Obviamente, estas nuevas tecnologías pueden ser usadas para potenciar viejas prácticas políticas. Los partidos políticos tradicionales, por ejemplo, han multiplicado sus capacidades organizativas gracias a estas formas de comunicación. En cierta forma, esto fue lo que pasó en los aeropuertos de Tailandia. Pero otra dimensión del fenómeno es que está facilitando la aparición de nuevos actores políticos que se rigen por códigos y reglas distintos de los de los partidos tradicionales. Son organizaciones menos estructuradas y verticales, donde las jerarquías no son rígidas y la autoridad está más descentralizada.

En Colombia, las marchas contra las FARC fueron convocadas con gran éxito en varias ciudades a través de Facebook. En México, una multitud sin precedentes marchó contra la escalada de la violencia criminal que azota ese país. En ambos casos, los organizadores no eran políticos tradicionales ni usaron los métodos usuales de convocatoria. Fueron ciudadanos comunes cuya influencia política se ve potenciada por la capacidad de crear y movilizar una turba inteligente a través de nuevas tecnologías.

Según el diccionario, turba es "una muchedumbre de gente confusa y desordenada". Evidentemente, las nuevas tecnologías hacen posible que las turbas ya no sean ni confusas ni desordenadas. Actúan con organización y propósito. Howard Rheingold, el padre de esta idea, enfatiza que una turba, por más inteligente que sea, no es ni buena ni mala, y que todo depende de sus fines.

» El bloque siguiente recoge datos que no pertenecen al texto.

-- ===== src/Verbs/Coherent.antt =====
-- What the entries of the verb cache of server/db_verbs.c must say: the answers that a search
-- without it would give.
use waverous.Base.{
  if◌then◌else◌, ℕ, ◌≡◌, refl, ap, sym, ◌∙◌, inl, inr, Bool, true, ◌&&◌, Option, none, some, ℤ, pos,
  negsuc, eqz, eqz_iff, List, [], ◌∷◌, arith, ◌==◌, leb, All, Bool-cases, Option-cases,
}
use mathlib.Core.Path.{subst, ap₂}
use waverous.Text.{CStr, IsText, mystrcasecmp}
use waverous.Text.Compare.{mystrcasecmp-eq-zero}
use waverous.Database.{Object, Db, VcEntry, find_object}
use waverous.Database.Chains.{nothing}
use waverous.Database.Up.{Up, Up-unique, find-inside}
use waverous.Verbs.{Handle}
use waverous.Verbs.Callable.{callable, callable-lower, first_verbs, callable-none, callable-first}
use waverous.Verbs.Cache.{Buckets, key_of, find_entry, handle_of, new_entry}

-- The answer of an entry is the one of a lookup from any object with that key.
abbrev pub IsRight : Db → VcEntry → Type 0
IsRight db vc =
    IsText vc.verbname
    × ((x : ℤ) (os : List Object)
        → Up db x os
        → key_of (first_verbs os) ≡ vc.oid_key
        → callable os vc.verbname ≡ handle_of vc)

-- All entries are right.
abbrev pub AreRight : Db → Option Buckets → Type 0
AreRight db none = Unit
AreRight db (some table) = (b : ℕ) → All (IsRight db) (table b)

-- The field `id` of an object is its number.
abbrev pub HaveIds : Db → Type 0
HaveIds db = (x : ℤ) (o : Object) → find_object db x ≡ some o → o.id ≡ x

module _ (db g : Db) (same : (x : ℤ) → find_object g x ≡ find_object db x) where
  pub Up-same : (x : ℤ) (os : List Object) → Up db x os → Up g x os
  Up-same x [] u = same x ∙ u
  Up-same x (o ∷ os) u = (same x ∙ u.0, Up-same o.parent os u.1)

module _ (db g : Db) (same : (x : ℤ) → find_object g x ≡ find_object db x) where
  All-IsRight : (vcs : List VcEntry) → All (IsRight db) vcs → All (IsRight g) vcs
  All-IsRight [] a = tt
  All-IsRight (vc ∷ vcs) a = (
    (a.0.0, λ x os u k. a.0.1 x os (Up-same g db (λ y. sym (same y)) x os u) k),
    All-IsRight vcs a.1,
  )

  pub AreRight-same : (t : Option Buckets) → AreRight db t → AreRight g t
  AreRight-same none a = tt
  AreRight-same (some table) a = λ b. All-IsRight (table b) (a b)

-- The objects are those of the array and its size, whatever else changes.
pub find_object-array :
    (db g : Db)
    → g.slot ≡ db.slot
    → g.num_objects ≡ db.num_objects
    → (x : ℤ) → find_object g x ≡ find_object db x
unfolding find_object
find_object-array db g s k (pos n) =
    ap₂ (λ m (t : ℕ → Option Object). if leb m n then none else t n) k s
find_object-array db g s k (negsuc n) = refl

module _ (db : Db) (ids : HaveIds db) where
  -- Lookups from two objects with one key give one answer.
  one_answer :
      (x y : ℤ) (os ps : List Object) (word : CStr)
      → Up db x os
      → Up db y ps
      → key_of (first_verbs os) ≡ key_of (first_verbs ps)
      → callable os word ≡ callable ps word
  one_answer x y os ps word u v k = elim (Option-cases (first_verbs os)) [
    | inl n ↦ elim (Option-cases (first_verbs ps)) [
      | inl m ↦ callable-none os word n ∙ sym (callable-none ps word m)
      | inr (q, m) ↦
          let (z, rest, w, lt, c) = callable-first db y ps q v m in
          let at : nothing ≡ z = ap key_of (sym n) ∙ k ∙ ap key_of m ∙ ids z q w.0 in
          absurd (outside z q (sym at) w.0)
    ]
    | inr (o, n) ↦
        let (z, rest, w, lt, c) = callable-first db x os o u n in
        elim (Option-cases (first_verbs ps)) [
          | inl m ↦
              let at : z ≡ nothing = sym (ids z o w.0) ∙ ap key_of (sym n) ∙ k ∙ ap key_of m in
              absurd (outside z o at w.0)
          | inr (q, m) ↦
              let (z', rest', w', lt', c') = callable-first db y ps q v m in
              let at : z' ≡ z =
                sym (ids z' q w'.0) ∙ ap key_of (sym m) ∙ sym k ∙ ap key_of n ∙ ids z o w.0 in
              c word
              ∙ ap (λ l. callable l word)
                  (Up-unique db z (o ∷ rest) (q ∷ rest') w (subst (λ t. Up db t (q ∷ rest')) at w'))
              ∙ sym (c' word)
        ]
  ]
    where
      outside : (z : ℤ) (o : Object) → z ≡ nothing → find_object db z ≡ some o → ⊥
      outside z o at e = let (m, p, lt) = find-inside db z e in cc

  -- An entry for the answer of a lookup is right.
  pub new_entry-IsRight :
      (hash : ℕ) (x : ℤ) (os : List Object) (word : CStr)
      → Up db x os
      → IsText word
      → IsRight db (new_entry hash (key_of (first_verbs os)) word (callable os word))
  new_entry-IsRight hash x os word u t = go (callable os word) refl
    where
      go :
          (h : Option Handle)
          → callable os word ≡ h
          → IsRight db (new_entry hash (key_of (first_verbs os)) word h)
      go none e = (t, λ y ps v k. one_answer y x ps os word v u k ∙ e)
      go (some h) e = (t, λ y ps v k. one_answer y x ps os word v u k ∙ e)

  -- A hit is an entry for the key, and for the word up to case.
  pub find_entry-hit :
      (hash : ℕ) (key : ℤ) (word : CStr) (bucket : List VcEntry) (vc : VcEntry)
      → All (IsRight db) bucket
      → find_entry hash key word bucket ≡ some vc
      → IsRight db vc × (key ≡ vc.oid_key) × (mystrcasecmp word vc.verbname ≡ pos 0)
  unfolding find_entry
  find_entry-hit hash key word [] vc a h = cc
  find_entry-hit hash key word (e ∷ bucket) vc a h =
      elim (Bool-cases
        (hash == e.hash && (eqz key e.oid_key && eqz (mystrcasecmp word e.verbname) (pos 0)))) [
          | inl t ↦
              let p : some e ≡ some vc = rw t at h in
              let same : e ≡ vc = cc in
              let parts : (eqz key e.oid_key ≡ true)
                  × (eqz (mystrcasecmp word e.verbname) (pos 0) ≡ true) =
                both (hash == e.hash) (eqz key e.oid_key)
                  (eqz (mystrcasecmp word e.verbname) (pos 0)) t in
              subst (λ c. IsRight db c × (key ≡ c.oid_key) × (mystrcasecmp word c.verbname ≡ pos 0))
                same
                (
                  a.0,
                  (eqz_iff key e.oid_key).0 parts.0,
                  (eqz_iff (mystrcasecmp word e.verbname) (pos 0)).0 parts.1,
                )
          | inr f ↦ find_entry-hit hash key word bucket vc a.1 (rw f at h)
        ]
    where
      both : (a b c : Bool) → (a && (b && c)) ≡ true → (b ≡ true) × (c ≡ true)
      both a b c t = ground arith

  pub hit-callable :
      (x : ℤ) (os : List Object) (word : CStr) (vc : VcEntry)
      → Up db x os
      → IsText word
      → IsRight db vc
        × (key_of (first_verbs os) ≡ vc.oid_key)
        × (mystrcasecmp word vc.verbname ≡ pos 0)
      → handle_of vc ≡ callable os word
  hit-callable x os word vc u t (r, k, m) = sym (
      callable-lower os word vc.verbname ((mystrcasecmp-eq-zero word vc.verbname t r.0).0 m)
      ∙ r.1 x os u k)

La esperanza es que las mismas tecnologías que permiten el ascenso de las turbas inteligentes produzcan los anticuerpos que nos ayuden a mitigar la influencia de aquellas que usan sus capacidades para subvertir la democracia. Como sabemos, no todo bloqueo de carreteras o aeropuertos tiene fines nobles.

En cualquier caso, la realidad es que las turbas inteligentes han llegado para quedarse.